Erinnern wir uns: Vor rund vier Monaten, am 31. März, wurde die zuletzt kaum noch genutzte Kirche St. Josef in Stadland-Rodenkirchen von Weihbischof Wilfried Theising profaniert. Im Protokoll der Pfarreiratssitzung vom 2. April heißt es: "Als Nächstes muss geklärt werden, was mit dem Inventar und dem Kirchengebäude geschieht. Hierzu laufen Gespräche mit einigen Interessenten." Just während meines jüngsten Aufenthalts in Nordenham, am 6. Juli, erschien in der Nordwest-Zeitung ein Artikel über den aktuellen Stand der Dinge. Das Kirchengebäude solle "ebenso wie das angebaute Hausmeister- und Küsterhaus und das separat stehende Gemeindehaus verkauft werden", heißt es da: "Wann, wie und an wen, steht aber noch nicht fest." Nun gut, das ist im Grunde nichts Neues. "Nach Auskunft von Pfarrer Karl Jasbinschek sind Überlegungen und Verhandlungen noch nicht abgeschlossen." Ja wie jetzt? Die Überlegungen sind noch nicht abgeschlossen, und trotzdem gibt es schon Verhandlungen? "Wir hoffen, nach den Sommerferien weiter zu sein", wir der Pfarrer zitiert; das wäre ja schon bald. Und schließlich: "Wir versuchen, das unter Denkmalschutz stehende ehemalige Kirchengebäude in seiner Substanz zu erhalten." 

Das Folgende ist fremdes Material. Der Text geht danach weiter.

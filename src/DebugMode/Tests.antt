-- ===== src/DebugMode/Tests.antt =====
-- Debug modes of concrete requests.
use frontik.Prelude.{elem, ◌≡◌, refl, String, Option, none, some, [], ◌∷◌, true, false}
use frontik.Auth.{AuthHeaders, checked, check_debug_auth}
use frontik.DebugMode.{
  Parameter, DebugRequest, DebugMode, DebugOptions, make_debug_mode, create, by_challenge,
}
use frontik.DebugMode.Access.{Follows, make_debug_mode-Follows}

abbrev decode : String → Option String
decode text = none

abbrev absent : Parameter
absent = record { query_arguments = []; cookie = none }

abbrev request : DebugRequest
request = record {
  debug = record { query_arguments = "full" ∷ "xslt,nopass" ∷ []; cookie = some "full" };
  notpl = absent;
  notrl = absent;
  noxsl = absent;
  debug_header = none;
}

abbrev options : DebugOptions
options = record { debug = false; debug_login = some "user"; debug_password = some "pass" }

abbrev headers : AuthHeaders
headers = record { debug_auth = some "user:pass"; authorization = none }

abbrev wrong_headers : AuthHeaders
wrong_headers = record { debug_auth = some "user:word"; authorization = none }

abbrev mode : DebugMode
mode = record {
  debug_value = some "xslt,nopass";
  notpl = none;
  notrl = none;
  noxsl = none;
  mode_values = "xslt" ∷ "nopass" ∷ [];
  inherited = none;
  pass_debug = false;
  enabled = true;
  debug_response = true;
  profile_xslt = true;
  log_handler = true;
  failed_auth_headers = none;
  need_auth = true;
  auth_failed = some false;
}

made : make_debug_mode decode none options headers request ≡ checked mode
unfolding make_debug_mode create check_debug_auth by_challenge elem
made = refl

make_debug_mode-Follows_example : Follows none true mode
unfolding check_debug_auth
make_debug_mode-Follows_example =
    make_debug_mode-Follows decode options headers request none mode refl made

refused :
    make_debug_mode decode none options wrong_headers request
    ≡ checked (record (create request) {
      failed_auth_headers = some "Frontik-Debug-Auth-Header realm=\"Secure Area\"";
      auth_failed = some true;
    })
unfolding make_debug_mode create check_debug_auth by_challenge elem
refused = refl
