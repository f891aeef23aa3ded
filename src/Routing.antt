-- ===== src/Routing.antt =====
-- frontik/routing.py: routes, their order, the route tables and the search for a request's route.
-- A route object is an `id` into `Methods`, which holds the set `route.methods` of each route, since
-- `find_route` adds methods to routes that other tables share. `route.matches` is Starlette's, and
-- is the parameter `matches`.
pub mod Paths
pub mod Order
pub mod Search
pub mod Head
pub mod Find
pub mod Answers
pub mod Dispatch
pub mod Own
mod Tests
use frontik.Prelude.{
  ℕ, String, Option, none, some, Bool, true, false, not, ◌&&◌, List, [], ◌∷◌, map, ◌==◌, ltb, eqb,
  if◌then◌else◌, length, any, has_char, ends_with_char, rstrip_char, split_char, is_empty, elem,
  add, update,
}

pub record ApiRoute : Type 0 where
  pub id : ℕ
  pub path_format : String
  pub endpoint : String

-- `isinstance(route, APIRoute)`, or a mount or another Starlette route
pub data BaseRoute : Type 0 where
  api : ApiRoute → BaseRoute
  other : ℕ → BaseRoute

pub is_param_segment : String → Bool
is_param_segment segment = has_char b'{' segment

non_empty : List String → List String
non_empty [] = []
non_empty (s ∷ ss) = let rest = non_empty ss in if is_empty s then rest else s ∷ rest

-- `[s for s in route.path_format.split('/') if s]`
pub segments_of : String → List String
unfolding non_empty
segments_of path = non_empty (split_char b'/' path)

-- The sort key `(group, -segments, flags)`; `segments` is held without its sign.
pub record SortKey : Type 0 where
  pub group : ℕ
  pub segments : ℕ
  pub flags : List Bool

unfoldable pub get_route_sort_key : BaseRoute → SortKey
unfolding is_param_segment segments_of
get_route_sort_key (other i) = record { group = 3; segments = 0; flags = [] }
get_route_sort_key (api route) =
    let segments = segments_of route.path_format in
    if any is_param_segment segments
    then record { group = 2; segments = length segments; flags = map is_param_segment segments }
    else record { group = 1; segments = length segments; flags = [] }

-- Python's `<` on tuples of Booleans
flags_lt : List Bool → List Bool → Bool
flags_lt xs [] = false
flags_lt [] (y ∷ ys) = true
flags_lt (false ∷ xs) (true ∷ ys) = true
flags_lt (true ∷ xs) (false ∷ ys) = false
flags_lt (_ ∷ xs) (_ ∷ ys) = flags_lt xs ys

-- Python's `<` on the key tuples: a longer path has the smaller second component
unfoldable pub key_lt : SortKey → SortKey → Bool
unfolding flags_lt
key_lt a b =
    if ltb a.group b.group
    then true
    else if ltb b.group a.group
    then false
    else if ltb b.segments a.segments
    then true
    else if ltb a.segments b.segments
    then false
    else flags_lt a.flags b.flags

-- `list.sort(key=get_route_sort_key)`, which is stable: a route goes in front of the first later one
-- that is not smaller
pub insert_route : BaseRoute → List BaseRoute → List BaseRoute
insert_route r [] = r ∷ []
insert_route r (s ∷ rs) =
    let rest = insert_route r rs in
    if key_lt (get_route_sort_key s) (get_route_sort_key r) then s ∷ rest else r ∷ s ∷ rs

unfoldable pub sort_routes : List BaseRoute → List BaseRoute
unfolding insert_route
sort_routes [] = []
sort_routes (r ∷ rs) = insert_route r (sort_routes rs)

-- the first lines of `add_api_route`, `add_route` and `find_route`
unfoldable pub strip_path : String → String
strip_path path =
    if ends_with_char b'/' path && not (path == "/") then rstrip_char b'/' path else path

-- `route.methods`, for each route object
abbrev pub Methods : Type 0
Methods = ℕ → List String

unfoldable pub methods_of : Methods → BaseRoute → List String
methods_of methods (api r) = methods r.id
methods_of methods (other i) = []

-- `route.methods.add(method)`
unfoldable pub allow : ApiRoute → String → Methods → Methods
allow r method methods i = if eqb i r.id then add method (methods i) else methods i

-- What `route.matches(scope)` returns, with the child scope.
pub data Match (Child : Type 0) : Type 0 where
  no_match : Match Child
  partial full : Child → Match Child

abbrev pub Matcher : Type 0 → Type 0
Matcher Child = BaseRoute → List String → (path method : String) → Match Child

-- `_fastapi_routes`, and the routes of the three routers that answer when no route fits
pub record Table : Type 0 where
  pub fastapi_routes : List BaseRoute
  pub not_found : List BaseRoute
  pub method_not_allowed : List BaseRoute
  pub preflight : List BaseRoute

-- `child` holds the keys that `scope.update(child_scope)` adds.
pub record Scope (Child : Type 0) : Type 0 where
  pub path : String
  pub method : String
  pub child : Option Child
  pub route : Option BaseRoute
  pub allowed_methods : Option (List String)
  pub endpoint : Option String

-- `find_route` returns the scope and leaves the method sets changed, or raises.
pub data Found (Child : Type 0) : Type 0 where
  found : Scope Child → Methods → Found Child
  index_error assertion_error : Found Child

-- `isinstance(route, APIRoute) and scope['method'] not in route.methods`
unfoldable pub lacks_method : Methods → String → BaseRoute → Bool
lacks_method methods method (api r) = not (elem method (methods r.id))
lacks_method methods method (other i) = false

abbrev matched : {Child : Type 0} → Scope Child → BaseRoute → Child → Scope Child
matched scope route child = record scope { child = some child; route = some route }

-- `if isinstance(route, APIRoute): scope['endpoint'] = route.endpoint`
unfoldable pub with_endpoint : {Child : Type 0} → Scope Child → BaseRoute → Scope Child
with_endpoint scope (api r) = record scope { endpoint = some r.endpoint }
with_endpoint scope (other i) = scope

module _ {Child : Type 0} (matches : Matcher Child) where
  unfoldable pub find_fastapi_route_exact :
      Methods → Scope Child → List BaseRoute → Scope Child × Option BaseRoute
  unfolding lacks_method methods_of
  find_fastapi_route_exact methods scope [] = (scope, none)
  find_fastapi_route_exact methods scope (route ∷ routes) =
      let rest = find_fastapi_route_exact methods scope routes in
      if lacks_method methods scope.method route
      then rest
      else elim (matches route (methods_of methods route) scope.path scope.method) [
        | full child ↦ (matched scope route child, some route)
        | _ ↦ rest
      ]

  -- the methods of one round of the loop of `_find_fastapi_route_partial`
  pub partial_methods : Methods → Scope Child → BaseRoute → List String
  partial_methods methods scope (other i) = []
  partial_methods methods scope (api r) =
      if elem "OPTIONS" (methods r.id)
      then []
      else elim (matches (api r) (methods r.id) scope.path scope.method) [
        | partial child ↦ methods r.id
        | _ ↦ []
      ]

  find_partial_from : List String → Methods → Scope Child → List BaseRoute → List String
  unfolding partial_methods
  find_partial_from result methods scope [] = result
  find_partial_from result methods scope (route ∷ routes) =
      find_partial_from (update result (partial_methods methods scope route)) methods scope routes

  -- `_find_fastapi_route_partial`, and `get_allowed_methods`, which lists its set
  unfoldable pub get_allowed_methods : Methods → Scope Child → List BaseRoute → List String
  unfolding find_partial_from
  get_allowed_methods methods scope routes = find_partial_from [] methods scope routes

Äh, Moment. Was heißt hier "versuchen"? Ich dachte, wenn das Gebäude denkmalgeschützt ist, bedeutet das, dass es in seiner Substanz erhalten werden MUSS - oder verstehe ich hier was falsch? In mir regt sich jedenfalls der Verdacht, durch das Wörtchen "versuchen" solle ein Hintertürchen geöffnet werden, um das Gebäudeensemble schließlich doch abzureißen. 

Der Schwerpunkt des Artikels liegt indes darauf, dass für "Katholiken in Rodenkirchen, Schwei und Umgebung" ein "Shuttle-Dienst eingerichtet" worden ist: "Jeden Sonntag und Feiertag bringt der Kirchenbulli oder ein Personenwagen Gläubige von Rodenkirchen zum Gottesdienst in der Willehad-Kirche in Nordenham. Seit Pfingsten gibt es diesen kostenlosen Service. Doch er wird bisher wenig genutzt. Nur jeweils zwei Personen sind bisher mitgefahren." 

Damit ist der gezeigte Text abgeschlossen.